Но Генрих Наумович, как бы, игнорировал острые желания Иннокентия обладать нужной для него информацией. Вместо этого старик несколько раз повторил, что, именно, он настоящий Пигмалион. Он объяснял Маздонову, что является не только талантливым скульптором-самоучкой, художником и умельцем на все руки. При этом старик утверждал, что даже безмерно счастлив оттого, что его не признаёт российская богема, повязанная круговой порукой и сомнительными, либеральными закордонными представлениями не только о культуре, но и обо всём, что существует на Земле.

При этом ведь он, истинный Пигмалион, создаёт прекрасное не для того, чтобы опошлять его своими вульгарными желаниями. Всякого рода и вида извращения он категорически отвергал, особо протестовал против таких вот «ценностей» сексуального плана. Да и какая, к чёрту, может иметься душа даже у самой симпатичной скульптуры? Никакой! Абсолютный нонсенс.


Набравшись терпения, Маздонов выслушивал всё то, о чём говорит старый нигилист и скептик. В принципе, новоявленный Пигмалион не напрасно показался Кеше умным, приветливым и пусть не полностью, но частично даже добрым. Понятно, что первое впечатление часто бывает обманчивым. Но какая разница. Иннокентий жил надеждой когда-нибудь увидеть прекрасную Изольду, которую он уже любил безумно.

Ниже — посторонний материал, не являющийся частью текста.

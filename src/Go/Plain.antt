-- ===== src/Go/Plain.antt =====
-- What the actions of the runtime add to the trace: a property of events that holds of plain events,
-- and for the last of the actions also of closing ones, holds of what they add.
use mariadb_ctrl.Prelude.{ℕ, String, Bool, true, false, Option, none, some, refl, ◌≡◌, [], ◌∷◌}
use mariadb_ctrl.Go.Error.{Error}
use mariadb_ctrl.Go.World.{
  World, Event, Cmd, Chan, started, wrote, polled, received, cancelled, slept, signalled, served,
}
use mariadb_ctrl.Go.Action.{final}
use mariadb_ctrl.Go.Logic.{Has, on_bind, on_call, on_check, on_lift, on_fail}
use mariadb_ctrl.Go.Relations.{Extends}
use mariadb_ctrl.Go.Safe.{ExtendsOnly, ExtendsOnly-Logic, Extends-logged}
use mariadb_ctrl.Go.Channel.{poll, receive, receive_or_done, is_drained, drain}
use mariadb_ctrl.Env.{Env, Wake, exit, done}
use mariadb_ctrl.OsHelper.{
  wait_for_command, sleep, file_exists, read_file, kill_command, send_signal,
}

-- what the end of `Execute` does: the status server, the end of the context and the signal
abbrev pub IsClosing : Event → Type 0
IsClosing served = Unit
IsClosing cancelled = Unit
IsClosing (signalled pid signal e) = Unit
IsClosing _ = ⊥

-- no start of a command, no write of a file, and nothing that closes
abbrev pub IsPlain : Event → Type 0
IsPlain (started exe args r) = ⊥
IsPlain (wrote f c m e) = ⊥
IsPlain served = ⊥
IsPlain cancelled = ⊥
IsPlain (signalled pid signal e) = ⊥
IsPlain _ = Unit

module _ {P : Event → Type 0} (plain : (e : Event) → IsPlain e → P e) (env : Env) where
  pub same_trace : (w v : World) → v.trace ≡ w.trace → Extends P w v
  same_trace w v e = record { added = []; grown = e; all = tt }

  pub wait_for_command-Extends : (cmd : Cmd) → Has (ExtendsOnly P) (wait_for_command cmd)
  unfolding wait_for_command
  wait_for_command-Extends cmd = record { holds = record { at = λ w. same_trace w _ refl } }

  pub sleep-Extends : (d : ℕ) → Has (ExtendsOnly P) (sleep d)
  unfolding sleep
  sleep-Extends d = record {
    holds = record { at = λ w. Extends-logged (slept d) (plain (slept d) tt) w };
  }

  pub file_exists-Extends : (f : String) → Has (ExtendsOnly P) (file_exists env f)
  unfolding file_exists
  file_exists-Extends f = on_call ExtendsOnly-Logic _ _ (λ b. plain _ tt)

  pub read_file-Extends : (f : String) → Has (ExtendsOnly P) (read_file env f)
  unfolding read_file
  read_file-Extends f =
      on_bind ExtendsOnly-Logic _ _ (on_call ExtendsOnly-Logic _ _ (λ b. plain _ tt))
        (on_lift ExtendsOnly-Logic)

  drained-Extends : (ch : Chan) (e : Option Error) (w : World) → Extends P w (drain ch e w)
  drained-Extends ch e w = record {
    added = received ch.ref e ∷ [];
    grown = refl;
    all = (plain (received ch.ref e) tt, tt);
  }

  poll_cases :
      (ch : Chan) (w : World) (d : Bool) (r : Option (Option Error))
      → is_drained ch w ≡ d
      → env.poll_exit w.trace ch.cmd ≡ r
      → Extends P w (final (poll env ch w))
  unfolding poll
  poll_cases ch w true r p q = rw p (Extends-logged _ (plain (polled ch.ref) tt) w)
  poll_cases ch w false none p q = rw (p, q) (Extends-logged _ (plain (polled ch.ref) tt) w)
  poll_cases ch w false (some e) p q = rw (p, q) (drained-Extends ch e w)

  pub poll-Extends : (ch : Chan) → Has (ExtendsOnly P) (poll env ch)
  poll-Extends ch = record { holds = record { at = λ w. poll_cases ch w _ _ refl refl } }

  receive_cases :
      (ch : Chan) (w : World) (d : Bool) (r : Option (Option Error))
      → is_drained ch w ≡ d
      → env.wait_exit w.trace ch.cmd ≡ r
      → Extends P w (final (receive env ch w))
  unfolding receive
  receive_cases ch w true r p q = rw p (same_trace w w refl)
  receive_cases ch w false none p q = rw (p, q) (same_trace w w refl)
  receive_cases ch w false (some e) p q = rw (p, q) (drained-Extends ch e w)

  pub receive-Extends : (ch : Chan) → Has (ExtendsOnly P) (receive env ch)
  receive-Extends ch = record { holds = record { at = λ w. receive_cases ch w _ _ refl refl } }

  module _ (closing : (e : Event) → IsClosing e → P e) where
    send_signal-Extends : (p : Option ℕ) (s : ℕ) → Has (ExtendsOnly P) (send_signal env p s)
    send_signal-Extends none s = on_fail ExtendsOnly-Logic _
    send_signal-Extends (some pid) s =
        on_bind ExtendsOnly-Logic _ _ (on_call ExtendsOnly-Logic _ _ (λ b. closing _ tt))
          (λ e. on_check ExtendsOnly-Logic _)

    pub kill_command-Extends :
        (cmd : Option Cmd) (s : ℕ) → Has (ExtendsOnly P) (kill_command env cmd s)
    unfolding kill_command
    kill_command-Extends none s = on_fail ExtendsOnly-Logic _
    kill_command-Extends (some cmd) s = send_signal-Extends cmd.process s

    select_cases :
        (ch : Chan) (w : World) (d : Bool) (r : Option Wake)
        → is_drained ch w ≡ d
        → env.select_exit w.trace ch.cmd ≡ r
        → Extends P w (final (receive_or_done env ch w))
    unfolding receive_or_done
    select_cases ch w true none p q = rw (p, q) (same_trace w w refl)
    select_cases ch w true (some (exit e)) p q = rw (p, q) (same_trace w w refl)
    select_cases ch w true (some done) p q = rw (p, q) (Extends-logged _ (closing cancelled tt) w)
    select_cases ch w false none p q = rw (p, q) (same_trace w w refl)
    select_cases ch w false (some (exit e)) p q = rw (p, q) (drained-Extends ch e w)
    select_cases ch w false (some done) p q = rw (p, q) (Extends-logged _ (closing cancelled tt) w)

    pub receive_or_done-Extends : (ch : Chan) → Has (ExtendsOnly P) (receive_or_done env ch)
    receive_or_done-Extends ch = record {
      holds = record { at = λ w. select_cases ch w _ _ refl refl };
    }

Маздонов не только в знак уважения к преклонному возрасту собеседника, знакомился с откровениями Пигмалиона. Но влюблённый парень, всё-таки, дождался того момента, когда Генрих Наумович, начал, незаметно для себя, расхваливать необыкновенную, красивую, скромную, молчаливую и бледную Изу. При этом старик подчёркивал, что бело-синеватый, мраморный цвет её лица придаёт Изольде необыкновенный шарм.

Одним словом, такой другой, пожалуй, не встретишь не только в их городе, но, пожалуй, и в столице.


Ни в коем случае, с этим утверждением эмоциональный и влюблённый Кеша спорить и не собирался. Он даже мысленно делал предположения, что прекрасная Изольда, бледная Иза – внучка, племянница или близкая родственница старика. Скорей всего, Пигмалион по этой причине делает милой девушке рекламу и при этом корчит такие рожи, что редкие прохожие сочувственно кивают головами. Вероятно, предполагают, что у дедушки начался приступ неизлечимого геморроя или его тело грызут многочисленные насекомые, причём, конкретно изнутри.

Но, конечно же, Маздонов особо не нуждался в том, чтобы кто-то восторженно отзывался о его любимой, единственной и неповторимой девушке. Её фото лежало в глубине его кейса, не только согревало душу Кеши, но являлась неопровержимым свидетельством необыкновенной красоты Изольды. В конце концов, Маздонову было даже, в какой-то степени, приятно, что старик расхваливает Изольду.


Но вдруг Пигмалион резко сменил тему разговора и погрузился в воспоминания, в давнюю молодость. Но такого рода мемуары, добрые и долгие отзывы о самом себе не радовали Иннокения. Ему сейчас было абсолютно всё равно, что в своё время десятилетний Гешик Нуглер уже обладал множеством талантов и необычных способностей. Например, он запросто мог своим длинным языком приглаживать густой и кудрявый чубчик почти ярко-красного цвета на своей пионерской голове в форме длинного кукурузного початка.

– Между прочим, Кеша, – с гордостью заметил Пигмалион, зашевелив большими, волосатыми ноздрями, – первую свою скульптуру из гипса я собственноручно сотворил, когда мне было всего двенадцать лет. Я назвал её «Девочка с коромыслом».

– И ваше произведение искусства, детского периода творчества, Генрих Наумович, – предположил Иннокентий, – стало украшением какой-нибудь Всероссийской выставки?